The Rotation Continues

 

JAMIE VICECONTE
CHIEF MARKETING OFFICER
CO-CHIEF INVESTING OFFICER

2 min read

MSCI, which we reference for their All Country World Index ("ACWI") as our global Equity benchmark, offers a myriad of relevant indices, starting at the country level and then splintering into an ever-widening array of sub-groupings. While many ETFs precisely capture these sub-groupings, other index providers support an ever-growing universe of ETFs. There are many Factor-based products to choose from, and keeping up with their construction and performance has become a bit of a daunting task.

Selecting the best-in-class ETFs to capture the Factor exposures we want in the portfolios is a priority. We made some changes to portfolio holdings in our quarterly rebalancing last week with that in mind, subject to tax considerations. And we make those selections somewhat agnostic to relative historical returns across our selection options by geography and Factor.
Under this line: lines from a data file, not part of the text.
-- ===== src/Http/Logins/Pairing.antt =====
-- A client that polls for a login, and the one that grants it.
use happy_server_lite.Base.{
  ℕ, GoString, codes, is_empty, ◌≡◌, ◌≢◌, refl, ap, ◌∙◌, ==_refl, Option, none, some, Bool, true,
  false, not, ◌||◌, ◌⊎◌, inl, inr, if◌then◌else◌, lookup, arith, [], ◌∷◌, List, Map, Option-cases,
}
use happy_server_lite.Json.{Json}
use happy_server_lite.Model.{AuthRequest}
use happy_server_lite.Auth.{TokenConfig, Jwt, create_token}
use happy_server_lite.Store.Accounts.{get_auth_request, upsert_auth_request, authorize_auth_request}
use happy_server_lite.Store.State.{Store}
use happy_server_lite.Store.Accounts.Requests as Requests
use happy_server_lite.Http.Answers.{Answer, answer, ok_status, too_many_requests, succeeded}
use happy_server_lite.Http.Logins.{
  Api, AuthRequestBody, AuthResponseBody, asked, request, requested, request_for, response,
}

-- the answer to a poll once the login is granted
abbrev pub granted : GoString → GoString → Bool → Answer
granted token reply supports_v2 = answer ok_status (
    (codes "state", Json.string (codes "authorized"))
    ∷ (codes "token", Json.string token)
    ∷ (codes "response", Json.string reply)
    ∷ (codes "supportsV2", Json.bool supports_v2)
    ∷ [])

-- A poll of a key that is granted a token is answered from the grant, and the limiter is not asked.
request-granted :
    (api : Api) (poll : AuthRequestBody) (ip new_id : GoString) (now instant : ℕ)
    (g : Requests.Grant)
    → is_empty poll.public_key ≡ false
    → is_empty g.token ≡ false
    → Requests.grant_at api.store poll.public_key ≡ some g
    → let (api', a) = request api (some poll) ip new_id now instant in
      (a ≡ granted g.token g.response (g.supports_v2 || poll.supports_v2))
      × (api'.limiter ≡ api.limiter)
unfolding request get_auth_request upsert_auth_request
request-granted api poll ip new_id now instant g named made held =
    elim (Option-cases (lookup poll.public_key api.store.auth_requests_by_key)) [
      | inl e ↦ absurd (ground (arith, held, e))
      | inr (q, e) ↦ ground (arith, named, made, held, e)
    ]

response-authorize :
    (jwt : Jwt) (cfg : TokenConfig) (s : Store) (req : AuthRequest) (user token : GoString)
    (grant : AuthResponseBody) (now instant : ℕ) (random : Option GoString)
    → is_empty user ≡ false
    → is_empty grant.public_key ≡ false
    → is_empty grant.response ≡ false
    → create_token jwt user cfg instant random ≡ inr token
    → get_auth_request s grant.public_key ≡ some req
    → response jwt cfg s (some user) (some grant) now instant random ≡ (
      Requests.step s (Requests.authorize grant.public_key grant.response user token now),
      succeeded,
    )
unfolding response get_auth_request authorize_auth_request Requests.step
response-authorize jwt cfg s req user token grant now instant random named key reply made_by known =
    ground (arith, named, key, reply, made_by, known)

-- A user who answers a request that is there, with a token that can be made, is told of the success.
-- After any further polls, of this key or others, and any answers to other keys, with the store's
-- requests as these leave them and the rest of the server in any state, a poll for that key gets the
-- token and the response, without a look at the limiter, and the flag that is up if the request's, one
-- of the polls' or its own is.
pub response-request :
    (jwt : Jwt) (cfg : TokenConfig) (s : Store) (req : AuthRequest) (user token : GoString)
    (grant : AuthResponseBody) (calls : List Requests.Call) (api : Api) (poll : AuthRequestBody)
    (ip new_id : GoString) (now instant later later_instant : ℕ) (random : Option GoString)
    → is_empty user ≡ false
    → is_empty grant.public_key ≡ false
    → is_empty grant.response ≡ false
    → is_empty token ≡ false
    → create_token jwt user cfg instant random ≡ inr token
    → get_auth_request s grant.public_key ≡ some req
    → Requests.Leaves grant.public_key calls
    → let (s', a) = response jwt cfg s (some user) (some grant) now instant random in
      api.store.auth_requests_by_key ≡ (Requests.run s' calls).auth_requests_by_key
      → poll.public_key ≡ grant.public_key
      → let (api', b) = request api (some poll) ip new_id later later_instant in
        (a ≡ succeeded)
        × (b
            ≡ granted token grant.response
                (Requests.raised grant.public_key calls req.supports_v2 || poll.supports_v2))
        × (api'.limiter ≡ api.limiter)
unfolding Requests.run get_auth_request
response-request jwt cfg s req user token grant calls api poll ip new_id now instant later
      later_instant random named key reply made made_by known left kept same =
    let k = grant.public_key in
    let c = Requests.authorize k grant.response user token now in
    let g : Requests.Grant = record {
      supports_v2 = req.supports_v2;
      response = grant.response;
      account = user;
      token = token;
    } in
    let answered : response jwt cfg s (some user) (some grant) now instant random
        ≡ (Requests.step s c, succeeded) =
      response-authorize jwt cfg s req user token grant now instant random named key reply made_by
        known in
    let opened : Requests.next k c (Requests.grant_at s k) ≡ some g =
      ground (arith, known, ==_refl k) in
    let stored =
      kept ∙ ap (λ (x : Store × Answer). (Requests.run x.0 calls).auth_requests_by_key) answered in
    let polled : Requests.Grant = record g {
      supports_v2 = Requests.raised k calls req.supports_v2;
    } in
    let held : Requests.grant_at api.store k ≡ some polled =
      ap (λ (m : Map AuthRequest). Requests.grant_in m k) stored
      ∙ Requests.run-after_calls s (c ∷ calls) k
      ∙ ap (Requests.after_calls k calls) opened
      ∙ Requests.after_calls-Leaves k calls g left in
    let (told, unasked) =
      request-granted api poll ip new_id later later_instant polled (rw same key) made
        (rw same held) in
    (ap (λ (x : Store × Answer). x.1) answered, told, unasked)

if-status :
    (test : Bool) (x y : Api × Answer)
    → (if test then x else y).1.status ≡ too_many_requests
    → ((test ≡ true) × (x.1.status ≡ too_many_requests))
      ⊎ ((test ≡ false) × (y.1.status ≡ too_many_requests))
if-status true x y h = inl (refl, h)
if-status false x y h = inr (refl, h)

requested-status :
    (api : Api) (body : AuthRequestBody) (new_id : GoString) (now : ℕ)
    → (requested api body new_id now).1.status ≢ too_many_requests
requested-status api body new_id now h = ground (arith, h)

request_for-refused :
    (api : Api) (body : AuthRequestBody) (ip new_id : GoString) (now instant : ℕ)
    (known : Option AuthRequest)
    → let (api', a) = request_for api body ip new_id now instant known in
      a.status ≡ too_many_requests
      → (known ≡ none) × ((asked api.limiter ip instant).1 ≡ false) × (api'.store ≡ api.store)
request_for-refused api body ip new_id now instant (some req) h =
    absurd (requested-status api body new_id now h)
request_for-refused api body ip new_id now instant none h =
    let (limiter, allowed) = asked api.limiter ip instant in
    elim (if-status (not allowed) _ (requested (record api { limiter = limiter }) body new_id now)
      h) [
        | inl (refused, e) ↦ (refl, ground (arith, refused), rw refused refl)
        | inr (passed, e) ↦
            absurd (requested-status (record api { limiter = limiter }) body new_id now e)
      ]

-- A request for a login that is answered with status 429 names a key that no request is stored for, the
-- limiter has refused the client, and the store stays as it was.
pub request-refused :
    (api : Api) (body : AuthRequestBody) (ip new_id : GoString) (now instant : ℕ)
    → (request api (some body) ip new_id now instant).1.status ≡ too_many_requests
    → (get_auth_request api.store body.public_key ≡ none)
      × ((asked api.limiter ip instant).1 ≡ false)
      × ((request api (some body) ip new_id now instant).0.store ≡ api.store)
unfolding request
request-refused api body ip new_id now instant h =
    elim (if-status (is_empty body.public_key) _ _ h) [
      | inl (empty, e) ↦ absurd (ground (arith, e))
      | inr (named, e) ↦
          let known = get_auth_request api.store body.public_key in
          let (unknown, refused, same) =
            request_for-refused api body ip new_id now instant known e in
          (unknown, refused, rw named same)
    ]
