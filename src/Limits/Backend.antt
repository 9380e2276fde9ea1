-- ===== src/Limits/Backend.antt =====
-- `InMemoryBackend` of src/rra/api/rate_limiter.py. Times are whole numbers of ticks, of which a second
-- has a million; its lock is left out, since requests are handled one after another.
use rra_module.Prelude.{
  ℕ, ◌+◌, ◌*◌, none, some, List, [], ◌∷◌, ◌++◌, Text, text_key, ltb, length, select,
}
use rra_module.Prelude.Dict.{Dict, lookup, insert}

unfoldable pub second : ℕ
second = 1000000

-- 86400 seconds.
unfoldable pub day : ℕ
unfolding second
day = 86400 * second

-- A token count with the time of its last update, and the times of the counted requests.
pub record Backend : Type 0 where
  pub tokens : Dict Text (ℕ × ℕ)
  pub counters : Dict Text (List ℕ)

unfoldable pub new_backend : Backend
new_backend = record { tokens = []; counters = [] }

unfoldable pub get_tokens : Text → Backend → ℕ × ℕ
get_tokens key b = elim (lookup key b.tokens) [ none ↦ (0, 0) | some entry ↦ entry ]

unfoldable pub set_tokens : Text → ℕ → ℕ → Backend → Backend
set_tokens key tokens timestamp b = record b { tokens = insert key (tokens, timestamp) b.tokens }

-- `self._counters[key]`, once an empty list stands there if there was none.
abbrev pub counted : Text → Dict Text (List ℕ) → List ℕ
counted key d = elim (lookup key d) [ none ↦ [] | some times ↦ times ]

-- `[t for t in times if t > now - window]`, with the window in ticks.
abbrev pub recent : ℕ → ℕ → List ℕ → List ℕ
recent now window times = select (λ t. ltb now (t + window)) times

-- The window is in seconds.
unfoldable pub increment_counter : Text → ℕ → ℕ → Backend → Backend × ℕ
unfolding second
increment_counter key window now b =
    let times = recent now (window * second) (counted key b.counters) ++ now ∷ [] in
    (record b { counters = insert key times b.counters }, length times)

-- A counter with no times left is deleted.
abbrev pub keep : Text → List ℕ → Dict Text (List ℕ) → Dict Text (List ℕ)
keep key [] d = d
keep key (t ∷ times) d = (key, t ∷ times) ∷ d

-- The loop of `cleanup` over the counters.
unfoldable pub prune : ℕ → Dict Text (List ℕ) → Dict Text (List ℕ)
unfolding day
prune now [] = []
prune now ((key, times) ∷ d) = keep key (recent now day times) (prune now d)

unfoldable pub cleanup : ℕ → Backend → Backend
unfolding day prune
cleanup now b = record {
  tokens = select (λ (e : Text × (ℕ × ℕ)). ltb now (e.1.1 + day)) b.tokens;
  counters = prune now b.counters;
}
The rotation trade we discussed last month continued in March, and our updated allocations tilted the portfolios more towards the strength of Value over Growth and small over large-cap ETFs across geographies. The extent of this reversal to date is evident in the performance of broad subsets of the S&P 500 Index. In 2020, the top 25 stocks in that index, which were up a median of 97%, have had a median return through March 30th of -3%. Meanwhile, the bottom 25 stocks in that index, which were down a median of 43% in 2020, are up a median of 32% year-to-date ("YTD"). And it is fair to say that those top stocks of 2020 were Growth names versus the Value names that have outperformed YTD.

We would hope that examples like this impart some fundamental investment axioms on investors. First, it is not timing the market, but time in the market. And second, it is equally important to stick with a sound strategy supported by long-term historical performance. While many (long-suffering) Factor-investors were frustrated by lagging performance over the past few years, no one could accurately predict when the turn came – and it finally did in the 4th quarter of last year.

Our Factor-based Equity strategy has outperformed its ACWI benchmark by roughly 2% YTD, albeit with a significant amount of inter-day volatility. That leaves equity returns at about 6.5% YTD. This recaptures some of last year's underperformance. Hopefully, as our commentary shows, this is an intermediate to long game, and short windows of performance don't tell the whole story.

For balanced accounts, the Fixed Income markets remain challenging with low yields and what appears to be an asymmetric risk to rising rates. As was the case in February, return attribution for our strategies' total return component consisted of gains in short-duration credit exposures offset by losses in intermediate duration exposure, including US Agency bonds. The balance of our exposures in short-duration High-Grade bond ETFs was unchanged in value with our relatively small allocations to commodities (GCC) and utilities (VPU and XLU), providing some boost to returns.